_TRY IT_
Please output exactly the lines that run from the line with "domain = env" through the final line of the data, inclusive, and nothing more.

_EXERCISE MATERIALS_
====================
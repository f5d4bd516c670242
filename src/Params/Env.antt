-- ===== src/Params/Env.antt =====
-- env, parseIP4 and ParseParams: the script-tun environment is read and validated.
use openconnect_ubuntu_touch.Common.{
  ℕ, zero, suc, ◌+◌, ◌&&◌, Option, none, some, List, [], ◌∷◌, ◌++◌, leb, if◌then◌else◌, Result, ok,
  err, ◌>>=◌,
}
use openconnect_ubuntu_touch.Common.Text.{Text, codes, is_empty}
use openconnect_ubuntu_touch.Common.Int.{ℤ, pos, negsuc}
use openconnect_ubuntu_touch.Strings.{trim_space, fields}
use openconnect_ubuntu_touch.Strconv.{Atoi, atoi, itoa}
use openconnect_ubuntu_touch.Net.Ip.{Ip4}
use openconnect_ubuntu_touch.Net.Mask.{mask_ip}
use openconnect_ubuntu_touch.Net.Parse.{parse_ip, to4}
use openconnect_ubuntu_touch.Params.{Route, Params}

-- os.Getenv: an unset variable is empty.
abbrev pub Environment : Type 0
Environment = Text → Text

-- The errors of ParseParams, with the variable and its value.
pub data ParamsError : Type 0 where
  not_script_tun : ParamsError
  bad_descriptor : Text → ParamsError
  unset : Text → ParamsError
  not_ip : Text → Text → ParamsError
  not_ipv4 : Text → Text → ParamsError

unfoldable pub env : Environment → Text → Text
env e k = trim_space (e k)

-- The IPv4 address in a text, if ParseIP and To4 find one.
unfoldable pub ip4_of : Text → Option Ip4
ip4_of v = elim (parse_ip v) [ none ↦ none | some ip ↦ to4 ip ]

-- `parseIP4`
unfoldable pub parse_ip4 : Environment → Text → Result ParamsError Ip4
parse_ip4 e k =
    let v = env e k in
    if is_empty v then err (unset k) else elim (parse_ip v) [
      | none ↦ err (not_ip k v)
      | some ip ↦ elim (to4 ip) [ none ↦ err (not_ipv4 k v) | some a ↦ ok a ]
    ]

descriptor : Text → Atoi → Result ParamsError ℕ
descriptor v n = elim n.val [
  | negsuc m ↦ err (bad_descriptor v)
  | pos m ↦ if n.is_ok then ok m else err (bad_descriptor v)
]

-- The descriptor: a number that is not negative.
unfoldable pub parse_fd : Text → Result ParamsError ℕ
unfolding descriptor
parse_fd v = if is_empty v then err not_script_tun else descriptor v (atoi v)

unfoldable pub default_mtu : ℕ
default_mtu = 1400

-- The MTU that is sent, if it is a number from 576 to 65535.
unfoldable pub parse_mtu : Text → ℕ
unfolding default_mtu
parse_mtu v =
    let n = atoi v in
    let sent : ℕ = elim n.val [
      | negsuc m ↦ default_mtu
      | pos m ↦ if n.is_ok && leb 576 m && leb m 65535 then m else default_mtu
    ] in
    if is_empty v then default_mtu else sent

-- The IPv4 addresses among the fields.
unfoldable pub parse_dns : List Text → List Ip4
parse_dns [] = []
parse_dns (f ∷ fs) = elim (ip4_of f) [ none ↦ parse_dns fs | some a ↦ a ∷ parse_dns fs ]

-- "CISCO_SPLIT_INC_%d_ADDR" and "CISCO_SPLIT_INC_%d_MASK"
abbrev pub split_addr_key : ℕ → Text
split_addr_key i = codes "CISCO_SPLIT_INC_" ++ (itoa i ++ codes "_ADDR")

abbrev pub split_mask_key : ℕ → Text
split_mask_key i = codes "CISCO_SPLIT_INC_" ++ (itoa i ++ codes "_MASK")

-- Route `i`, if both its address and its mask are IPv4.
unfoldable pub parse_route : Environment → ℕ → Option Route
parse_route e i = elim (ip4_of (env e (split_addr_key i))) [
  | none ↦ none
  | some addr ↦ elim (ip4_of (env e (split_mask_key i))) [
    | none ↦ none
    | some mask ↦ some (record { network = addr; mask = mask })
  ]
]

-- The loop from `i` on, with its rounds left: a route that does not parse is skipped.
unfoldable pub parse_routes : Environment → ℕ → ℕ → List Route
parse_routes e zero i = []
parse_routes e (suc rounds) i =
    let rest = parse_routes e rounds (i + 1) in
    elim (parse_route e i) [ none ↦ rest | some r ↦ r ∷ rest ]

-- The rounds of `for i := 0; i < n; i++`: none for a negative count.
unfoldable pub rounds_of : ℤ → ℕ
rounds_of (pos n) = n
rounds_of (negsuc n) = 0

-- The network address that is sent, or the one derived.
abbrev pub net_addr_or : Ip4 → Result ParamsError Ip4 → Ip4
net_addr_or derived (ok a) = a
net_addr_or derived (err x) = derived

-- The tunnel description, once the three required values are there.
abbrev pub params_of : Environment → ℕ → Ip4 → Ip4 → Params
params_of e fd address netmask = record {
  vpnfd = fd;
  gateway = ip4_of (env e (codes "VPNGATEWAY"));
  address = address;
  netmask = netmask;
  net_addr = net_addr_or (mask_ip address netmask) (parse_ip4 e (codes "INTERNAL_IP4_NETADDR"));
  mtu = parse_mtu (env e (codes "INTERNAL_IP4_MTU"));
  dns = parse_dns (fields (env e (codes "INTERNAL_IP4_DNS")));
  domain = env e (codes "CISCO_DEF_DOMAIN");
  splits = parse_routes e (rounds_of (atoi (env e (codes "CISCO_SPLIT_INC"))).val) 0;
  reason = env e (codes "reason");
}

-- `ParseParams`
unfoldable pub parse_params : Environment → Result ParamsError Params
parse_params e = do
  fd ← parse_fd (env e (codes "VPNFD"))
  address ← parse_ip4 e (codes "INTERNAL_IP4_ADDRESS")
  netmask ← parse_ip4 e (codes "INTERNAL_IP4_NETMASK")
  ok (params_of e fd address netmask)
====================
_RESPONSE AREA_
  domain = env e (codes "CISCO_DEF_DOMAIN");
  splits = parse_routes e (rounds_of (atoi (env e (codes "CISCO_SPLIT_INC"))).val) 0;
  reason = env e (codes "reason");
}

-- `ParseParams`
unfoldable pub parse_params : Environment → Result ParamsError Params
parse_params e = do
  fd ← parse_fd (env e (codes "VPNFD"))
  address ← parse_ip4 e (codes "INTERNAL_IP4_ADDRESS")
  netmask ← parse_ip4 e (codes "INTERNAL_IP4_NETMASK")
  ok (params_of e fd address netmask)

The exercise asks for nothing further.